Global existence of smooth solution to evolutionary Faddeev model with short-pulse data

TL;DR

This paper proves the global existence of smooth solutions for the evolutionary Faddeev model with large short-pulse initial data, using energy estimates and geometry-adapted multipliers.

Contribution

It establishes the global well-posedness of the Faddeev model for large initial data of short pulse type, a significant extension beyond small data results.

Findings

Global smooth solutions exist for large short-pulse initial data.

Energy estimates and geometric multipliers are effective in controlling the system.

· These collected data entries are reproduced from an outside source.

-- ===== src/Orchestrator/Jobs/Record.antt =====
-- crates/engine/src/orchestrator/mod.rs: what the state records of a job, at each stage of it.
use alac_bot.Prelude.{
  ℕ, ◌≡◌, Bool, true, false, ◌||◌, Option, none, some, List, [], ◌∷◌, arith, ◌==◌, if◌then◌else◌,
  Bool-cases, inl, inr, subst, refl, any, sym, ==_iff,
}
use alac_bot.Orchestrator.Jobs.{
  Engine, Stage, JobShared, OrchestratorEvent, RunResult, remove_job, remove_admission, is_some,
  update,
}

abbrev pub has_slot : Stage → Bool
has_slot Stage.absent = false
has_slot (Stage.returned r) = false
has_slot (Stage.rejected r) = false
has_slot s = true

abbrev pub is_listed : Stage → Bool
is_listed Stage.absent = false
is_listed Stage.admitted = false
is_listed (Stage.unlisted r) = false
is_listed (Stage.returned r) = false
is_listed (Stage.rejected r) = false
is_listed s = true

-- What `start_job` is going to return, once the terminal event is out.
abbrev pub ended_result : Stage → Option RunResult
ended_result (Stage.settled r) = some r
ended_result (Stage.unlisted r) = some r
ended_result (Stage.returned r) = some r
ended_result s = none

-- The terminal event that is due for a result.
abbrev pub due : ℕ → JobShared → RunResult → OrchestratorEvent
due id job (RunResult.ok summary) =
    if job.is_cancelled
    then OrchestratorEvent.cancelled id job.cancelled_by
    else OrchestratorEvent.completed id summary
due id job (RunResult.err e) =
    if job.is_cancelled
    then OrchestratorEvent.cancelled id job.cancelled_by
    else OrchestratorEvent.failed id e

abbrev pub is_terminal_of : ℕ → OrchestratorEvent → Bool
is_terminal_of id (OrchestratorEvent.created i) = false
is_terminal_of id (OrchestratorEvent.progress i) = false
is_terminal_of id (OrchestratorEvent.completed i n) = i == id
is_terminal_of id (OrchestratorEvent.cancelled i by) = i == id
is_terminal_of id (OrchestratorEvent.failed i x) = i == id

-- The terminal events of a job.
abbrev pub told : ℕ → List OrchestratorEvent → List OrchestratorEvent
told id [] = []
told id (ev ∷ events) = if is_terminal_of id ev then ev ∷ told id events else told id events

abbrev pub admitted : ℕ → List (ℕ × ℕ × Bool) → Bool
admitted id [] = false
admitted id ((i, user, admin) ∷ rest) = i == id || admitted id rest

abbrev pub IsTold : ℕ → JobShared → List OrchestratorEvent → Option RunResult → Type 0
IsTold id job events none =
    (is_some job.terminal_state ≡ false) × (job.completed ≡ false) × (events ≡ [])
IsTold id job events (some r) =
    (is_some job.terminal_state ≡ true) × (job.completed ≡ true) × (events ≡ due id job r ∷ [])

-- What was read of the cancellation holds.
abbrev pub IsRead : Stage → Bool → Type 0
IsRead (Stage.closing r true) flag = flag ≡ true
IsRead s flag = Unit

pub record IsKept (in_admissions in_jobs : Bool) (id : ℕ) (job : JobShared)
    (events : List OrchestratorEvent) (s : Stage) : Type 0 where
  pub slot : in_admissions ≡ has_slot s
  pub listed : in_jobs ≡ is_listed s
  pub ending : IsTold id job events (ended_result s)
  pub read : IsRead s job.is_cancelled

abbrev pub Keeps : Engine → ℕ → Type 0
Keeps e i =
    IsKept (admitted i e.admissions) (any (λ j. j == i) e.jobs) i (e.shared i) (told i e.events)
      (e.stage i)

-- The other jobs are left as they were.
pub record IsSame (e f : Engine) (id i : ℕ) : Type 0 where
  pub slot : admitted i f.admissions ≡ admitted i e.admissions
  pub listed : any (λ j. j == i) f.jobs ≡ any (λ j. j == i) e.jobs
  pub job : f.shared i ≡ e.shared i
  pub events : told i f.events ≡ told i e.events
  pub stage : f.stage i ≡ e.stage i

Keeps-elsewhere : (e f : Engine) (id i : ℕ) → IsSame e f id i → Keeps e i → Keeps f i
Keeps-elsewhere e f id i s k = rw (s.slot, s.listed, s.job, s.events, s.stage) k

pub update-own : {A : Type 0} (i : ℕ) (a : A) (f : ℕ → A) → update i a f i ≡ a
update-own i a f = ground arith

pub admitted-remove_own :
    (i : ℕ) (l : List (ℕ × ℕ × Bool)) → admitted i (remove_admission i l) ≡ false
unfolding remove_admission
admitted-remove_own i [] = refl
admitted-remove_own i ((j, u, a) ∷ l) = ground (arith, admitted-remove_own i l)

pub admitted-remove_other :
    (i j : ℕ) (l : List (ℕ × ℕ × Bool))
    → (j == i) ≡ false
    → admitted j (remove_admission i l) ≡ admitted j l
unfolding remove_admission
admitted-remove_other i j [] h = refl
admitted-remove_other i j ((k, u, a) ∷ l) h = ground (arith, admitted-remove_other i j l h)

pub listed-remove_own : (i : ℕ) (l : List ℕ) → any (λ j. j == i) (remove_job i l) ≡ false
unfolding remove_job
listed-remove_own i [] = refl
listed-remove_own i (j ∷ l) = ground (arith, listed-remove_own i l)

pub listed-remove_other :
    (i j : ℕ) (l : List ℕ)
    → (j == i) ≡ false
    → any (λ k. k == j) (remove_job i l) ≡ any (λ k. k == j) l
unfolding remove_job
listed-remove_other i j [] h = refl
listed-remove_other i j (k ∷ l) h = ground (arith, listed-remove_other i j l h)

-- A job at the stage it is known to stand at.
abbrev pub KeptAt : Engine → ℕ → Stage → Type 0
KeptAt e i s =
    IsKept (admitted i e.admissions) (any (λ j. j == i) e.jobs) i (e.shared i) (told i e.events) s

pub at : (e : Engine) (i : ℕ) (s : Stage) → e.stage i ≡ s → Keeps e i → KeptAt e i s
at e i s q k = subst (λ x. KeptAt e i x) q k

-- A step of the job `id`: the job itself, and the others.
pub moved :
    (e f : Engine) (id : ℕ) (s : Stage)
    → f.stage id ≡ s
    → KeptAt f id s
    → ((i : ℕ) → (i == id) ≡ false → IsSame e f id i)
    → ((i : ℕ) → Keeps e i)
    → (i : ℕ) → Keeps f i
moved e f id s q own others k i = elim (Bool-cases (i == id)) [
  | inl h ↦
      subst (λ j. Keeps f j) (sym ((==_iff i id).0 h)) (subst (λ x. KeptAt f id x) (sym q) own)
  | inr h ↦ Keeps-elsewhere e f id i (others i h) (k i)
]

The null structure of nonlinearities is crucial for the analysis.

Abstract

This paper is concerned with the Cauchy problem of the evolutionary Faddeev model, a system that maps from the Minkowski space $\mathbb{R}^{1+3}$ to the unit sphere $\mathbb{S}^2$. The model is a system of nonlinear wave equations whose nonlinearities exhibit a null structure and include semilinear terms, quasilinear terms, and the unknowns themselves. By considering a class of large initial data (in energy norm) of the short pulse type, we prove that the evolutionary Faddeev model admits a globally smooth solution via energy estimates. The main result is achieved through the selection of appropriate multipliers that are specially adapted to the geometry of the system.